Hey guys I am in the process of re-configuring my whole garage to turn it in to a woodworking shop and I ran in to an issue last night. I am/was planning to build a miter saw station for my Dewalt DW708 sliding miter saw, but when I put it on a temp bench in the position I want to put it I ran in to an issue I know a lot of people encounter - it takes up too much space. In the position where it has room to slide in and out, and to be able to do miters, it sticks too far out in to my workspace. I am in a 2 car garage, with laundry, 3 motorcycles, and a motorcycle lift so space is at a premium.

I am thinking I have two options. The first is to buy a new saw like the Kapex, Bosch, or Hitatchi which need zero clearance behind them so I can push it flush against the wall. It is hard to justify buying a new saw when I have a perfectly good saw, especially since there are tools that I don't have at all that the money would be better spent on.

My second option is to perhaps build some sort of sliding tray that the miter saw sits on that can be pulled out when I need to use it and can be pushed back out of the way when not in use.

I am leaning towards the second option, and I was thinking I could make the sliding saw tray with some heavy duty drawer slides, but I am worried that the saw and tray will sag, when extended out, putting the saw out of square with the bench fences I plan on building in to the station. I don't have drywall on the wall so the saw has a few extra inches to go back between the studs. In total I think I only need the saw to slide out 7 or 8 inches.

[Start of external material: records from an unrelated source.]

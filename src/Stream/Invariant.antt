-- ===== src/Stream/Invariant.antt =====
-- What holds of a subscriber and its writers in every reachable state.
pub mod Writers
pub mod Replays
pub mod Takes
pub mod Turns
use mathlib.Core.List.{map-append}
use z_apply_backend.Base.{
  ℕ, ◌≤◌, ◌<◌, ◌≡◌, refl, sym, ap, ◌∙◌, subst, ◌⊎◌, inl, inr, Bool, true, false, Option, none, some,
  List, [], ◌∷◌, ◌++◌, arith, ltb, length, take, All, All-append, All-append_left, All-append_right,
  All-map, append_nil, append_assoc, Bool-cases, if◌then◌else◌, ltb→lt, map,
}
use z_apply_backend.Hub.{StoredEvent, AsyncQueue, get_nowait, offer}
use z_apply_backend.Hub.Laws.{offered, offer-offered}
use z_apply_backend.Json.{Fields}
use z_apply_backend.Models.{RunEventRow, Db}
use z_apply_backend.Repo.Events.{max_event_id, list_events}
use z_apply_backend.Sql.{Postgres}
use z_apply_backend.Stream.{
  Stream, Mode, opening, replaying, live, closed, open_stream, replay_round, live_round, timeout,
  item, page_size, Output, frame, keepalive, reset, replay_page, replay_rows,
}
use z_apply_backend.Stream.Covers.{keys, Covers, Covers-commit, Covers-publish}
use z_apply_backend.Stream.Replay.{
  ids, sent, sent-append, replay_rows-cursor, replay_rows-mode, replay_rows-sent, ids-page,
  length-ids, max_event_id-bound,
}
use z_apply_backend.Stream.System.{
  World, Step, commit, publish, open_cursor, replay, get, wait, disconnect, Reach, here, next,
}
use z_apply_backend.Stream.Window.{
  Ascends, window, above, last_or, last_or-above_le, window-page, short_page, window-snoc,
  window-next,
}

-- The ids sent are those of the committed events above the start and up to the cursor.
pub record Sends (w : World) : Type 0 where
  pub above_start : w.start ≤ w.stream.cursor
  pub bounded : (w.start ≡ w.stream.cursor) ⊎ (w.stream.cursor ≤ max_event_id w.db)
  pub exact : sent w.stream.outputs ≡ window w.start w.stream.cursor (ids w.db.events)

abbrev pub Phase : Mode → ℕ → Stream → List ℕ → Type 0
Phase opening start s gone = (start ≡ s.cursor) × (s.outputs ≡ [])
Phase live start s gone = All (λ n. n ≤ s.cursor) gone
Phase _ start s gone = Unit

-- `gone` are the ids that the queue is done with, `ahead` those that follow.
pub record Inv (w : World) : Type 0 where
  pub ascends : Ascends (ids w.db.events)
  pub positive : All (λ n. 0 < n) (ids w.db.events)
  pub sends : Sends w
  pub gone : List ℕ
  pub ahead : List ℕ
  pub split : ids w.db.events ≡ gone ++ ahead
  pub covers : (w.stream.mode ≡ closed) ⊎ Covers (keys w.pending) w.queue.items ahead
  pub phase : Phase w.stream.mode w.start w.stream gone

pub window-empty : (c : ℕ) (ns : List ℕ) → window c c ns ≡ []
window-empty c [] = refl
window-empty c (n ∷ ns) = ground (arith, window-empty c ns)

pub Ascends-snoc : (n : ℕ) (ns : List ℕ) → All (λ m. m < n) ns → Ascends ns → Ascends (ns ++ n ∷ [])
Ascends-snoc n [] h a = (tt, tt)
Ascends-snoc n (m ∷ ns) h a = (All-append _ ns (n ∷ []) a.0 (h.0, tt), Ascends-snoc n ns h.1 a.1)
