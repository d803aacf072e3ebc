-- ===== src/Stream/Invariant/Turns.antt =====
-- Opening the cursor, waiting in vain and disconnecting keep the invariant.
use z_apply_backend.Base.{
  ℕ, ◌≤◌, ◌≡◌, refl, sym, ◌∙◌, subst, ◌⊎◌, inl, inr, List, [], ◌∷◌, arith, ltb, ◌≢◌, All,
  append_nil, Bool-cases,
}
use z_apply_backend.Repo.Events.{max_event_id}
use z_apply_backend.Stream.{
  Stream, Mode, opening, live, closed, open_stream, live_round, timeout, keepalive,
}
use z_apply_backend.Stream.Covers.{keys, Covers}
use z_apply_backend.Stream.Replay.{ids, sent, sent-append}
use z_apply_backend.Stream.System.{World}
use z_apply_backend.Stream.Window.{window}
use z_apply_backend.Stream.Invariant.{Inv, Phase, window-empty}

-- The invariant for another state of the generator, from its own parts.
pub record Turn (w : World) (start : ℕ) (s : Stream) (gone : List ℕ) : Type 0 where
  pub above_start : start ≤ s.cursor
  pub bounded : (start ≡ s.cursor) ⊎ (s.cursor ≤ max_event_id w.db)
  pub exact : sent s.outputs ≡ window start s.cursor (ids w.db.events)
  pub phase : Phase s.mode start s gone

pub Turn-Inv :
    (w : World) (start : ℕ) (s : Stream) (inv : Inv w)
    → Turn w start s inv.gone
    → (w.stream.mode ≢ closed) ⊎ (s.mode ≡ closed)
    → Inv (record w { stream = s; start = start })
Turn-Inv w start s inv t m = record {
  ascends = inv.ascends;
  positive = inv.positive;
  sends = record { above_start = t.above_start; bounded = t.bounded; exact = t.exact };
  gone = inv.gone;
  ahead = inv.ahead;
  split = inv.split;
  covers = kept m inv.covers;
  phase = t.phase;
}
  where
    kept :
        (w.stream.mode ≢ closed) ⊎ (s.mode ≡ closed)
        → (w.stream.mode ≡ closed) ⊎ Covers (keys w.pending) w.queue.items inv.ahead
        → (s.mode ≡ closed) ⊎ Covers (keys w.pending) w.queue.items inv.ahead
    kept (inr c) _ = inl c
    kept (inl n) (inl c) = absurd (n c)
    kept (inl n) (inr c) = inr c

open-Turn :
    (w : World) (gone : List ℕ)
    → let s = open_stream w.stream.cursor (max_event_id w.db) in Turn w s.cursor s gone
unfolding open_stream
open-Turn w gone = elim (Bool-cases (ltb (max_event_id w.db) w.stream.cursor)) [
  | inl beyond ↦ rw beyond (record {
    above_start = omega arith;
    bounded = inl refl;
    exact = sym (window-empty 0 (ids w.db.events));
    phase = tt;
  })
  | inr within ↦ rw within (record {
    above_start = omega arith;
    bounded = inl refl;
    exact = sym (window-empty w.stream.cursor (ids w.db.events));
    phase = tt;
  })
]

pub open-Inv :
    (w : World)
    → w.stream.mode ≡ opening
    → Inv w
    → Inv (record w {
      stream = open_stream w.stream.cursor (max_event_id w.db);
      start = (open_stream w.stream.cursor (max_event_id w.db)).cursor;
    })
open-Inv w m inv = Turn-Inv w _ _ inv (open-Turn w inv.gone) (inl (λ c. cc))

pub disconnect-Inv :
    (w : World) → Inv w → Inv (record w { stream = record w.stream { mode = closed } })
disconnect-Inv w inv =
    Turn-Inv w w.start (record w.stream { mode = closed }) inv
      (record {
        above_start = inv.sends.above_start;
        bounded = inv.sends.bounded;
        exact = inv.sends.exact;
        phase = tt;
      })
      (inr refl)

pub live_gone :
    {m : Mode} (start : ℕ) (s : Stream) (gone : List ℕ)
    → m ≡ live
    → Phase m start s gone
    → All (λ n. n ≤ s.cursor) gone
live_gone start s gone e p = subst (λ m. Phase m start s gone) e p

pub gone_live :
    {m : Mode} (start : ℕ) (s : Stream) (gone : List ℕ)
    → m ≡ live
    → All (λ n. n ≤ s.cursor) gone
    → Phase m start s gone
gone_live start s gone e p = subst (λ m. Phase m start s gone) (sym e) p

pub wait-Inv :
    (w : World)
    → w.stream.mode ≡ live
    → Inv w
    → Inv (record w { stream = live_round timeout w.stream })
unfolding live_round
wait-Inv w m inv =
    Turn-Inv w w.start _ inv
      (record {
        above_start = inv.sends.above_start;
        bounded = inv.sends.bounded;
        exact = sent-append w.stream.outputs (keepalive ∷ []) ∙ append_nil _ ∙ inv.sends.exact;
        phase = gone_live w.start _ inv.gone m (live_gone w.start w.stream inv.gone m inv.phase);
      })
      (inl (λ c. cc))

Does anyone have any information on this type of set up? I have been looking around online but haven't come up with much. Does anyone have any other creative solutions to my issue?

Thanks in advance.

Chris


----------



## RonInOhio (Jul 23, 2010)

I would use wood slides. Build a box underneath with slots similar to table saw miter slots. Think table saw sled.

Use hardwood and wax the surfaces or maybe a melamine material.


----------



## Loren (May 30, 2008)

I would probably get a pair of folding shelf brackets for a drop-down
shelf. You'd lift the shelf up and scoot the saw forward.


----------



## devann (Jan 11, 2011)

The wood slides with the steel gears from an old multiple leaf dinning table may be an option.


----------



## shawnmasterson (Jan 24, 2013)

cut a hole in the wall and build a bump out.


----------



## stefang (Apr 9, 2009)

Hi Chris. Here is my solution. The base my miter saw sits on is a torsion box and the runners are just hardwood strips. I had it about 3 or 4 years and though it isn't pretty it still works very well.

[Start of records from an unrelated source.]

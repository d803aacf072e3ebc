-- ===== src/Stream/Invariant/Replays.antt =====
-- A round of the replay loop keeps the invariant.
use mathlib.Core.Path.{ap₂}
use z_apply_backend.Base.{
  ℕ, ◌≤◌, ◌≡◌, sym, ap, ◌∙◌, subst, ◌⊎◌, inl, inr, true, false, none, List, [], ◌∷◌, ◌++◌, arith,
  ltb, length, zero, suc, take, All, All-append_left, Bool-cases, ltb→lt,
}
use z_apply_backend.Json.{Fields}
use z_apply_backend.Models.{RunEventRow}
use z_apply_backend.Repo.Events.{max_event_id, list_events}
use z_apply_backend.Sql.{Postgres}
use z_apply_backend.Stream.{Stream, replaying, replay_round, page_size, replay_rows}
use z_apply_backend.Stream.Replay.{
  ids, sent, replay_rows-cursor, replay_rows-mode, replay_rows-sent, ids-page, length-ids,
  max_event_id-bound,
}
use z_apply_backend.Stream.System.{World}
use z_apply_backend.Stream.Window.{
  window, above, last_or, last_or-above_le, window-page, select-All, short_page,
}
use z_apply_backend.Stream.Invariant.{Inv, Phase}
use z_apply_backend.Stream.Invariant.Turns.{Turn, Turn-Inv}

last_or-bound : (m n : ℕ) (ns : List ℕ) → n ≤ m → All (λ k. k ≤ m) ns → last_or n ns ≤ m
last_or-bound m n [] h a = h
last_or-bound m n (k ∷ ns) h a = last_or-bound m k ns a.0 a.1

page-bounded :
    (start c m : ℕ) (ns : List ℕ)
    → All (λ k. k ≤ m) ns
    → (start ≡ c) ⊎ (c ≤ m)
    → (start ≡ last_or c ns) ⊎ (last_or c ns ≤ m)
page-bounded start c m [] a h = h
page-bounded start c m (n ∷ ns) a h = inr (last_or-bound m n ns a.0 a.1)

take-All : (P : ℕ → Type 0) (k : ℕ) (ns : List ℕ) → All P ns → All P (take k ns)
take-All P zero ns h = tt
take-All P (suc k) [] h = tt
take-All P (suc k) (n ∷ ns) h = (h.0, take-All P k ns h.1)

module _ (pg : Postgres) (stored_row : RunEventRow → Fields) (w : World) (inv : Inv w)
    (m : w.stream.mode ≡ replaying) where
  page : List RunEventRow
  page = list_events pg w.db w.stream.cursor none page_size false

  fetched : List ℕ
  fetched = take page_size (above w.stream.cursor (ids w.db.events))

  page-ids : ids page ≡ fetched
  unfolding page fetched
  page-ids = ids-page pg w.db w.stream.cursor inv.ascends inv.positive

  -- The generator after the `for` loop, whatever its mode becomes.
  replayed : Stream
  unfolding page
  replayed = replay_rows stored_row page w.stream

  cursor_replayed : replayed.cursor ≡ last_or w.stream.cursor fetched
  unfolding replayed
  cursor_replayed =
      replay_rows-cursor stored_row page w.stream ∙ ap (last_or w.stream.cursor) page-ids

  sent_replayed : sent replayed.outputs ≡ window w.start replayed.cursor (ids w.db.events)
  unfolding replayed fetched
  sent_replayed =
      replay_rows-sent stored_row page w.stream
      ∙ ap₂ ◌++◌ inv.sends.exact page-ids
      ∙ sym (
          window-page w.start w.stream.cursor page_size (ids w.db.events) inv.sends.above_start
            inv.ascends)
      ∙ ap (λ c. window w.start c (ids w.db.events)) (sym cursor_replayed)

  start_replayed : w.start ≤ replayed.cursor
  unfolding fetched
  start_replayed = omega (
    arith,
    cursor_replayed,
    inv.sends.above_start,
    last_or-above_le w.stream.cursor page_size (ids w.db.events) inv.ascends,
  )

  bounded_replayed : (w.start ≡ replayed.cursor) ⊎ (replayed.cursor ≤ max_event_id w.db)
  unfolding fetched
  bounded_replayed =
      subst (λ c. (w.start ≡ c) ⊎ (c ≤ max_event_id w.db)) (sym cursor_replayed)
        (page-bounded w.start w.stream.cursor (max_event_id w.db) fetched
          (take-All _ page_size _ (select-All _ _ (ids w.db.events) (max_event_id-bound w.db)))
          inv.sends.bounded)

  caught_up : ltb (length page) page_size ≡ true → All (λ n. n ≤ replayed.cursor) inv.gone
  unfolding fetched
  caught_up short = All-append_left _ inv.gone inv.ahead (
      subst (All (λ n. n ≤ replayed.cursor)) inv.split (
        subst (λ c. All (λ n. n ≤ c) (ids w.db.events)) (sym cursor_replayed)
          (short_page w.stream.cursor page_size (ids w.db.events)
            (omega (arith, ltb→lt _ _ short, ap length page-ids, length-ids page)) inv.ascends)))

  replay-Turn : Turn w w.start (replay_round pg stored_row w.db w.stream) inv.gone
  unfolding replay_round page replayed
  replay-Turn = elim (Bool-cases (ltb (length page) page_size)) [
    | inl short ↦ rw short (record {
      above_start = start_replayed;
      bounded = bounded_replayed;
      exact = sent_replayed;
      phase = caught_up short;
    })
    | inr long ↦ rw long (record {
      above_start = start_replayed;
      bounded = bounded_replayed;
      exact = sent_replayed;
      phase =
          subst (λ n. Phase n w.start replayed inv.gone)
            (sym (replay_rows-mode stored_row page w.stream ∙ m)) tt;
    })
  ]

  pub replay-Inv : Inv (record w { stream = replay_round pg stored_row w.db w.stream })
  replay-Inv = Turn-Inv w w.start _ inv replay-Turn (inl (λ c. cc))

I had to install a couple of panels that the base slides under to prevent dust falling into the next shelf when the base is pulled out. One panel is connected to the back to cover the small space when the base is shoved in and another panel attached on top of the back part of the base that slides under the other panel to cover the space created when the base is pulled out. Clear as mud? Makes it easier to vacuum up the dust.

""

""


----------



## Button43 (Apr 11, 2013)

Thanks for the feedback guys. If I combined Ron's and Loren's suggestion, but making a flip up shelf support with the miter slots cut in it it would probably work pretty well.

That is a slick set up Mike. Are your runners underneath? Do you get any deflection when the miter saw is out? Any other details about the construction would be great - that looks like a set up I am going for.

Cheers.


----------



## stefang (Apr 9, 2009)

I put runners on the top and bottom sides to prevent and tilting. No deflection!


----------



## renners (Apr 9, 2010)

Alternatively, you could make a cabinet stand with two castors on the back and legs on the front. When you are using the saw, lift the bench at the front, pull it out, put it back down in position, when you're finished, push it back.


----------



## Holbs (Nov 4, 2012)

chris…i am going thru a 2car garage remodel myself (inspector for rough in comes fri morning! wOOt!).
look at my 'before' pictures of my workspace here on LJ's and my table saw/router/mitre work station. this is my version of fliptop mitre saw that i will be going for a version 2 here shortly.


----------